● Your assignment: Among the records, which lines include "running"? List them.

● Dataset records:
[Start of section]
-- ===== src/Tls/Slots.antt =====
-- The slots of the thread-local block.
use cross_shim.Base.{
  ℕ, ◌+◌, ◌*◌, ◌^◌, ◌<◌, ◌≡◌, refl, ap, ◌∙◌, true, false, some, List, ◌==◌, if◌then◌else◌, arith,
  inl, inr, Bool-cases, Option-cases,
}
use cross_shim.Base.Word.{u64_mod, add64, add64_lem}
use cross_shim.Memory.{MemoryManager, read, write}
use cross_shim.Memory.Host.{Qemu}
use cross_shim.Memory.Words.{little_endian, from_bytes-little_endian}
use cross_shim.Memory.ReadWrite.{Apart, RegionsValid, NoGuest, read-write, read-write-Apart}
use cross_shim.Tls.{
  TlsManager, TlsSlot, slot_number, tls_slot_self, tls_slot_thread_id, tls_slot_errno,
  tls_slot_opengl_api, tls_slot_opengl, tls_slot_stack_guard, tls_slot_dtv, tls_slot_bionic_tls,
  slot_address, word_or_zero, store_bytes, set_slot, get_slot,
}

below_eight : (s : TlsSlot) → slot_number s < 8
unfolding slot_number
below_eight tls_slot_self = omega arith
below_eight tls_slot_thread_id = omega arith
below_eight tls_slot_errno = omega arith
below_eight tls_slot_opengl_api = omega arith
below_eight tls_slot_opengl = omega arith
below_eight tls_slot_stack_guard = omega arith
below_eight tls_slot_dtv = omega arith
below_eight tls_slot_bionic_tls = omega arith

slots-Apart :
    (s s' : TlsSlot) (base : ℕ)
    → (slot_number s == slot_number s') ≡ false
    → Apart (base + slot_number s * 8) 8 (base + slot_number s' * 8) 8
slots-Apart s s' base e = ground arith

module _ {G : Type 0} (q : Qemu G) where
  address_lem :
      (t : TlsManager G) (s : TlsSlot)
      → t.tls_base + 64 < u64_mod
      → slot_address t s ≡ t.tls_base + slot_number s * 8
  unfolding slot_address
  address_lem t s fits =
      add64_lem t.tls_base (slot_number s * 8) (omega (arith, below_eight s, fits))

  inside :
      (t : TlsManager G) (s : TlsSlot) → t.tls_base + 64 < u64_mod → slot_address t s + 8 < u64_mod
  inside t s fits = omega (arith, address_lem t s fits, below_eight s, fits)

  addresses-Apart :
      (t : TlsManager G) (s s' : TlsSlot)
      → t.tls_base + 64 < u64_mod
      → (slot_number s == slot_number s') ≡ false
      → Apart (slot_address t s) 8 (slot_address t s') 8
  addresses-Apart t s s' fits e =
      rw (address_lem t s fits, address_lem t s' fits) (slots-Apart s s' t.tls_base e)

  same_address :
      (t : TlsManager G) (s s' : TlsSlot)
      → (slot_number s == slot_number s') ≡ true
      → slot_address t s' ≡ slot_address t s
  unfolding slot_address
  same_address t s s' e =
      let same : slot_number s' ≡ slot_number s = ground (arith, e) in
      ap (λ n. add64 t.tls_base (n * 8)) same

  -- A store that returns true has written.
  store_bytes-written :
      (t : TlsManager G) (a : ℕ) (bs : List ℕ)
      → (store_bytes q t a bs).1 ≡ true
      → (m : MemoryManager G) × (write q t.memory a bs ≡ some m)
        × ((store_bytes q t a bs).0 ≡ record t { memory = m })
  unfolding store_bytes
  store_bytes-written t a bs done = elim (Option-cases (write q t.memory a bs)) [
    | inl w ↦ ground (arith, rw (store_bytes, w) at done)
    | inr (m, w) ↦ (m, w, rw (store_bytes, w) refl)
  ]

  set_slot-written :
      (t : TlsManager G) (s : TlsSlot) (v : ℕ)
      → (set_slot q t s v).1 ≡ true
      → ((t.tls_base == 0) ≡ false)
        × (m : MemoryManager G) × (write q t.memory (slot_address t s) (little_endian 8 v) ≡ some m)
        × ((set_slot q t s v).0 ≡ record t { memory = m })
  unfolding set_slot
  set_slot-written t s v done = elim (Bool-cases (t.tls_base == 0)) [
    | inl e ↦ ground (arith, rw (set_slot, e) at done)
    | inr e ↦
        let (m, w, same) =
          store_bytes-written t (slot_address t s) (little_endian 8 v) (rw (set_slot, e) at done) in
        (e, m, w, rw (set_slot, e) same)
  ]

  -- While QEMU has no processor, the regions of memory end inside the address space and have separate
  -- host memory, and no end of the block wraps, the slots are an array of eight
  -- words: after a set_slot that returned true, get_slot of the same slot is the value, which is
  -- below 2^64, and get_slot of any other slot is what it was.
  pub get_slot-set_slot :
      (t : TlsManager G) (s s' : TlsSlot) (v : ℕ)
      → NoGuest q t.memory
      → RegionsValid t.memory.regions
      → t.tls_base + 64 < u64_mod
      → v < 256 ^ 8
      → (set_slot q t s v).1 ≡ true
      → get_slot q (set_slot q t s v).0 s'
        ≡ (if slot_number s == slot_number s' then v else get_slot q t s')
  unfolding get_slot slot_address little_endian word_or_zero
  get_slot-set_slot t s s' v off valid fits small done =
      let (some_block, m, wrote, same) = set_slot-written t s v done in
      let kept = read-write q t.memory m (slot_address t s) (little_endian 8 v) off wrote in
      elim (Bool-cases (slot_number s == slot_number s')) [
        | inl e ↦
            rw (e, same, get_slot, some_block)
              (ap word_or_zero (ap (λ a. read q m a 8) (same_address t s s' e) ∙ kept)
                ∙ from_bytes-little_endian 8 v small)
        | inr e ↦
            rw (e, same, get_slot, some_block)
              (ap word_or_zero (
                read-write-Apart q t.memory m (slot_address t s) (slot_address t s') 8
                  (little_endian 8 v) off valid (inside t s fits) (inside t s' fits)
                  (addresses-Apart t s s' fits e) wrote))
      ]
[End of section]
[Start of section]
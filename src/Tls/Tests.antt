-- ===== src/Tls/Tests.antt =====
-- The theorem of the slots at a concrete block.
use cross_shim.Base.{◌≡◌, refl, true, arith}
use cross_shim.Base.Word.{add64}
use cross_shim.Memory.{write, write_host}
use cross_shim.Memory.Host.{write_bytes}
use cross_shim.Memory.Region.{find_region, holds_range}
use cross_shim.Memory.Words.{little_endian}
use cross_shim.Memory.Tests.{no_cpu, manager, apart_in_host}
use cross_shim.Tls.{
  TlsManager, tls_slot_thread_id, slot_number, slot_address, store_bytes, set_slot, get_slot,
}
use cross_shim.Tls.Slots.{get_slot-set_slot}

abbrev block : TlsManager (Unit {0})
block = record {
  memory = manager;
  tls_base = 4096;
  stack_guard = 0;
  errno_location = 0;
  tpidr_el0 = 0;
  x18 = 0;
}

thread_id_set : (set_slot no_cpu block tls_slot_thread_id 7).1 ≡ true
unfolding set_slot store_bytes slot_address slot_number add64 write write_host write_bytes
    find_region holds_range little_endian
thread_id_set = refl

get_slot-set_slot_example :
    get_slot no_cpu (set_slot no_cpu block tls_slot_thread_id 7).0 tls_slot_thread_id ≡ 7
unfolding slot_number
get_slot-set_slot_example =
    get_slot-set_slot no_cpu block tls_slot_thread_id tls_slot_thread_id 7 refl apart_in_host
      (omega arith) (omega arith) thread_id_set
[End of section]
[Start of section]
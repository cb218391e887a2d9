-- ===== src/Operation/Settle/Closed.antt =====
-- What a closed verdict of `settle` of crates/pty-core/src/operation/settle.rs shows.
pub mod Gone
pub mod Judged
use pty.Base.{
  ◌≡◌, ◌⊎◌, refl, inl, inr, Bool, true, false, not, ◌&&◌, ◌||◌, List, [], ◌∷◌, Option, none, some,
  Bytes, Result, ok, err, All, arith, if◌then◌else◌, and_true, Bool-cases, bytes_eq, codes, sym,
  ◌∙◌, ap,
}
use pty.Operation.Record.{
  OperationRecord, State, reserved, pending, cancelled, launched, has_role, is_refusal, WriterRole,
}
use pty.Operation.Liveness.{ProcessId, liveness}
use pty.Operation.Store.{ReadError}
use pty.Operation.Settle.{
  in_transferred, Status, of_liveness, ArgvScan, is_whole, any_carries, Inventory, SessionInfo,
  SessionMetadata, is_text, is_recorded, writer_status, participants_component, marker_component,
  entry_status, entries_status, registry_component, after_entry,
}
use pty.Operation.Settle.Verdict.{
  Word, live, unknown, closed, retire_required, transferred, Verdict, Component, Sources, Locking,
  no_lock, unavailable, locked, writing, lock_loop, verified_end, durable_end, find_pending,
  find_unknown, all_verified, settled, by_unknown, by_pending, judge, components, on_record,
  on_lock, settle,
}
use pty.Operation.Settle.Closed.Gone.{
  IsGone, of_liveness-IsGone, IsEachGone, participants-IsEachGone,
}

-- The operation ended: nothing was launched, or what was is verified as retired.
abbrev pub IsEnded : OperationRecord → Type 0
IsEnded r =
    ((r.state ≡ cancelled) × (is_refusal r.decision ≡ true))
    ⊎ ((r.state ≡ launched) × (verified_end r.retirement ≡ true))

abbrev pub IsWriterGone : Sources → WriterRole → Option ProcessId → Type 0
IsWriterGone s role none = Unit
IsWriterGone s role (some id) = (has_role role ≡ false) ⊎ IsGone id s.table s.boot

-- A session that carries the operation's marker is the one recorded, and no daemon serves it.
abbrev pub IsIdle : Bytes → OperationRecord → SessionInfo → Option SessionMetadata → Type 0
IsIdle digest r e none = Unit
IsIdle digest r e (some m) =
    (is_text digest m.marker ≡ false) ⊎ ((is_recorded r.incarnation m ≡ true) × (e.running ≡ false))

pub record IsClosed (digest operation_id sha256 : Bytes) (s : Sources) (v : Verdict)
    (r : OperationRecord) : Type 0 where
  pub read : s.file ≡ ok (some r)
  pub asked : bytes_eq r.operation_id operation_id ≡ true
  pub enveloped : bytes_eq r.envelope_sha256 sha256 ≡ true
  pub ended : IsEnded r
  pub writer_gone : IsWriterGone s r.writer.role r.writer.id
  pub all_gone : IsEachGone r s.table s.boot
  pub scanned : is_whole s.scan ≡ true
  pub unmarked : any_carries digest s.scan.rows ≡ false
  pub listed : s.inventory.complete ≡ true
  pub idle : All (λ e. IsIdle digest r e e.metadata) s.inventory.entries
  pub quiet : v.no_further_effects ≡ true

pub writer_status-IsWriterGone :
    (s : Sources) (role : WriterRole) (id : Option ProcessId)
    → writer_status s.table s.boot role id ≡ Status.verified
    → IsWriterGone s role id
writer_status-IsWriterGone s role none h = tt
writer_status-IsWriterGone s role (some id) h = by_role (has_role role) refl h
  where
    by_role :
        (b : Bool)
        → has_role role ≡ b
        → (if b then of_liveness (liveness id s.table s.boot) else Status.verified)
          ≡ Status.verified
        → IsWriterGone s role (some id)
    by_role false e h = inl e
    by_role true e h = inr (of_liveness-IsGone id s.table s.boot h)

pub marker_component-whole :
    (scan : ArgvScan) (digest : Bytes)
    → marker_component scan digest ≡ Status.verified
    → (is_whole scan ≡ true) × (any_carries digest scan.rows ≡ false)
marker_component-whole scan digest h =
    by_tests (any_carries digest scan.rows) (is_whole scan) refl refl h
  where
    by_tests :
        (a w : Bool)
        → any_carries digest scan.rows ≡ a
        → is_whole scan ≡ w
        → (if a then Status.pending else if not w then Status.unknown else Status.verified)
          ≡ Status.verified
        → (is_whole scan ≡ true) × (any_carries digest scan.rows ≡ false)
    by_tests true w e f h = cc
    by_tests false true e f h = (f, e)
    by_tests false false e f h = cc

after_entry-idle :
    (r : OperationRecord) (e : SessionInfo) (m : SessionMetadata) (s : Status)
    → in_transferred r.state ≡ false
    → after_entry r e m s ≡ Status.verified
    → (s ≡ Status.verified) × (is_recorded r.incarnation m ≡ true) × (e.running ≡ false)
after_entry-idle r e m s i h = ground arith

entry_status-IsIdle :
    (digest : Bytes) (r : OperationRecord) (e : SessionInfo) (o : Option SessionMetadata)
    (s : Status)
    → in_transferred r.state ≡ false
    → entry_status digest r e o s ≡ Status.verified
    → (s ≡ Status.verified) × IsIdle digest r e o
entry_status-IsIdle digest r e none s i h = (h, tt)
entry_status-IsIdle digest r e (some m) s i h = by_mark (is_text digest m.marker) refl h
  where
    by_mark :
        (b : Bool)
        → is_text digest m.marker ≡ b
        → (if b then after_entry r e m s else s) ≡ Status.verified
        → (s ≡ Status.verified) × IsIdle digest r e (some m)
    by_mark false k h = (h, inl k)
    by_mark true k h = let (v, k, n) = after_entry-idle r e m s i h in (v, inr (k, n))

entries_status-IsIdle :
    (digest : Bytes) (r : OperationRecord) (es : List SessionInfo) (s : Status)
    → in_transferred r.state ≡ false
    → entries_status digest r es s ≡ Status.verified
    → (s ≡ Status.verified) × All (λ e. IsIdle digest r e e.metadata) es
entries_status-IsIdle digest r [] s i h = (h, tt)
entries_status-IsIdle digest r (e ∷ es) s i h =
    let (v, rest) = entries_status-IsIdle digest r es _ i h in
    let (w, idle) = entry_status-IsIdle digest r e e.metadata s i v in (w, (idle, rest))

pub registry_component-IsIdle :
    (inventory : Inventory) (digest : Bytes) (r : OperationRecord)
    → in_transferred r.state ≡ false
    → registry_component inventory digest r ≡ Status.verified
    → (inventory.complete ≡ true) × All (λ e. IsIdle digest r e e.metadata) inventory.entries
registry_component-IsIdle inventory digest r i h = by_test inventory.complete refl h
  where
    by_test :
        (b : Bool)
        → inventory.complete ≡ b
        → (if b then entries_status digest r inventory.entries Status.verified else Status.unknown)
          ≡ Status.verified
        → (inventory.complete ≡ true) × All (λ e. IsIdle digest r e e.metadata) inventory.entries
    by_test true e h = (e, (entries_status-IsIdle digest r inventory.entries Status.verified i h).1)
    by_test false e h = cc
[End of section]
● Result of the task:
    (is_text digest m.marker ≡ false) ⊎ ((is_recorded r.incarnation m ≡ true) × (e.running ≡ false))
    → (s ≡ Status.verified) × (is_recorded r.incarnation m ≡ true) × (e.running ≡ false)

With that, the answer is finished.